By Kevin E. Noonan --
Well, that didn't take long. The U.S. Patent and Trademark Office issued Guidance today, just two days after the Supreme Court decision in SAS Institute Inc. v. Iancu came down, regarding how the Patent Trial and Appeal Board (PTAB) will apply the Court's mandate in that inter partes review (IPR) decisions are all or nothing with respect to challenged claims ("Guidance on the Impact of SAS on AIA Trial Proceedings").

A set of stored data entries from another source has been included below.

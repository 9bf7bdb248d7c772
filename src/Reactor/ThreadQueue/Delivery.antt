-- ===== src/Reactor/ThreadQueue/Delivery.antt =====
-- Sending and receiving threads in any interleaving.
use rins.Prelude.{
  ◌≡◌, refl, sym, ap, ◌∙◌, List, [], ◌∷◌, ◌++◌, append_assoc, append-nil, Bool, true, false, ok,
  subst,
}
use rins.Reactor.ThreadQueue.{
  Signal, adds_one, reads_all, ThreadQueue, empty_queue, new_thread_queue, send, recv,
}

-- A thread sends, or the thread of the queue receives into an empty queue.
pub data Op (A : Type 0) : Type 0 where
  sends : A → Op A
  receives : Op A

-- An eventfd is readable after a write until the next read.
abbrev pub is_readable : List Signal → Bool
is_readable [] = false
is_readable (adds_one ∷ log) = true
is_readable (reads_all ∷ log) = false

module _ {A : Type 0} where
  -- What is received, in order, and the queue that is left.
  unfoldable pub run : List (Op A) → ThreadQueue A → List A × ThreadQueue A
  run [] q = ([], q)
  run (sends task ∷ ops) q = run ops (send task q)
  run (receives ∷ ops) q =
      let (tasks, q') = recv [] q in let (rest, end) = run ops q' in (tasks ++ rest, end)

  abbrev pub sent : List (Op A) → List A
  sent [] = []
  sent (sends task ∷ ops) = task ∷ sent ops
  sent (receives ∷ ops) = sent ops

  abbrev pub has_some : List A → Bool
  has_some [] = false
  has_some (task ∷ tasks) = true

  has_some-append : (xs : List A) (x : A) → has_some (xs ++ (x ∷ [])) ≡ true
  has_some-append [] x = refl
  has_some-append (y ∷ xs) x = refl

  run_all :
      (ops : List (Op A)) (q : ThreadQueue A)
      → (run ops q).0 ++ (run ops q).1.queue ≡ q.queue ++ sent ops
  unfolding run send recv
  run_all [] q = sym (append-nil q.queue)
  run_all (sends task ∷ ops) q =
      run_all ops (send task q) ∙ append_assoc q.queue (task ∷ []) (sent ops)
  run_all (receives ∷ ops) q =
      append_assoc q.queue (run ops (recv [] q).1).0 (run ops (recv [] q).1).1.queue
      ∙ ap (λ l. q.queue ++ l) (run_all ops (recv [] q).1)

  run_signals :
      (ops : List (Op A)) (q : ThreadQueue A)
      → is_readable q.evfd ≡ has_some q.queue
      → is_readable (run ops q).1.evfd ≡ has_some (run ops q).1.queue
  unfolding run send recv
  run_signals [] q e = e
  run_signals (sends task ∷ ops) q e =
      run_signals ops (send task q) (sym (has_some-append q.queue task))
  run_signals (receives ∷ ops) q e = run_signals ops (recv [] q).1 refl

  -- In any interleaving of threads that send and one that receives into an empty queue, what has
  -- been received and what still waits are together all that was sent, in the order of the sending,
  -- and the eventfd is readable just while something waits, so that no task is left without a
  -- wake-up.
  pub run-new_thread_queue :
      (ops : List (Op A)) (made : Bool) (new : ThreadQueue A)
      → new_thread_queue made ≡ ok new
      → let (received, q) = run ops new in
        (received ++ q.queue ≡ sent ops) × (is_readable q.evfd ≡ has_some q.queue)
  unfolding empty_queue new_thread_queue
  run-new_thread_queue ops false new e = absurd (cc)
  run-new_thread_queue ops true new e =
      let same : empty_queue ≡ new = cc in
      subst
        (λ n.
          ((run ops n).0 ++ (run ops n).1.queue ≡ sent ops)
          × (is_readable (run ops n).1.evfd ≡ has_some (run ops n).1.queue))
        same (run_all ops empty_queue, run_signals ops empty_queue refl)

The Guidance is simple: going forward (i.e., for all pending and future-filed petitions), the Board will institute on all challenged claims so long as the petitioner has shown a reasonable likelihood of invalidating at least one of the claims. For cases where the Board has engaged the parties in partial institution proceedings, the Board "may" issue an order "supplementing the institution decision to institute on all challenges raised in the petition." In such cases the Board also has discretion to take action "permitting additional time, briefing, discovery, and/or oral argument." Examples included in the Guidance include granting additional time for the Patent Owner Response or, if the statutory twelve-month time is close to expiry, taking advantage of the additional six months provided by the statute for extraordinary cases. The Guidance stresses however that such decisions will be made on a case-by-case basis.
The Petitioner and Patent Owner responses to such a supplementation order are specified to include a "meet-and-confer" discussion between the parties on whether additional briefing, time, etc. is needed; the Guidance notes that while the Board may (i.e., has the discretion to) act sua sponte, there may be no accommodation of the parties unless they request it. And of course the parties can affirmatively waive any changes to the briefing schedule or timing, the Guidance suggests. The result of such a meet-and-confer will be a conference with the Board, which will resolve any failure to agree between the parties. The Final Written Decision arising from such cases will contain a decision on all challenged claims, both as originally instituted and added through amendment of the institution decision.
The Guidance directs parties to contact the panel (only for case-specific questions) or to submit written questions to the [email protected] mailbox.
The Guidance closes by reminding the public that the Office fortuitously scheduled a "Chat with the Chief" webinar on Monday, April 30 at noon EDT, where Chief Patent Judge David Ruschke will discuss the Guidance.
The "may" aspect is most odd.
The Court has come down and explicitly (albeit 5-4) stated that the law MEANS (as in, right now, immediately, "this" is what the law IS).
The Office has NO flexibility to "guide" anyone to not follow the very clear letter of what the law IS.
The executive branch EXECUTES the law.
It does not get to decide that it will execute when/if convenient.
It does not get to decide that it will execute when/if convenient for those who have challenged patents.
It does not get to decide that it will execute when/if convenient for those who have had their patents challenged.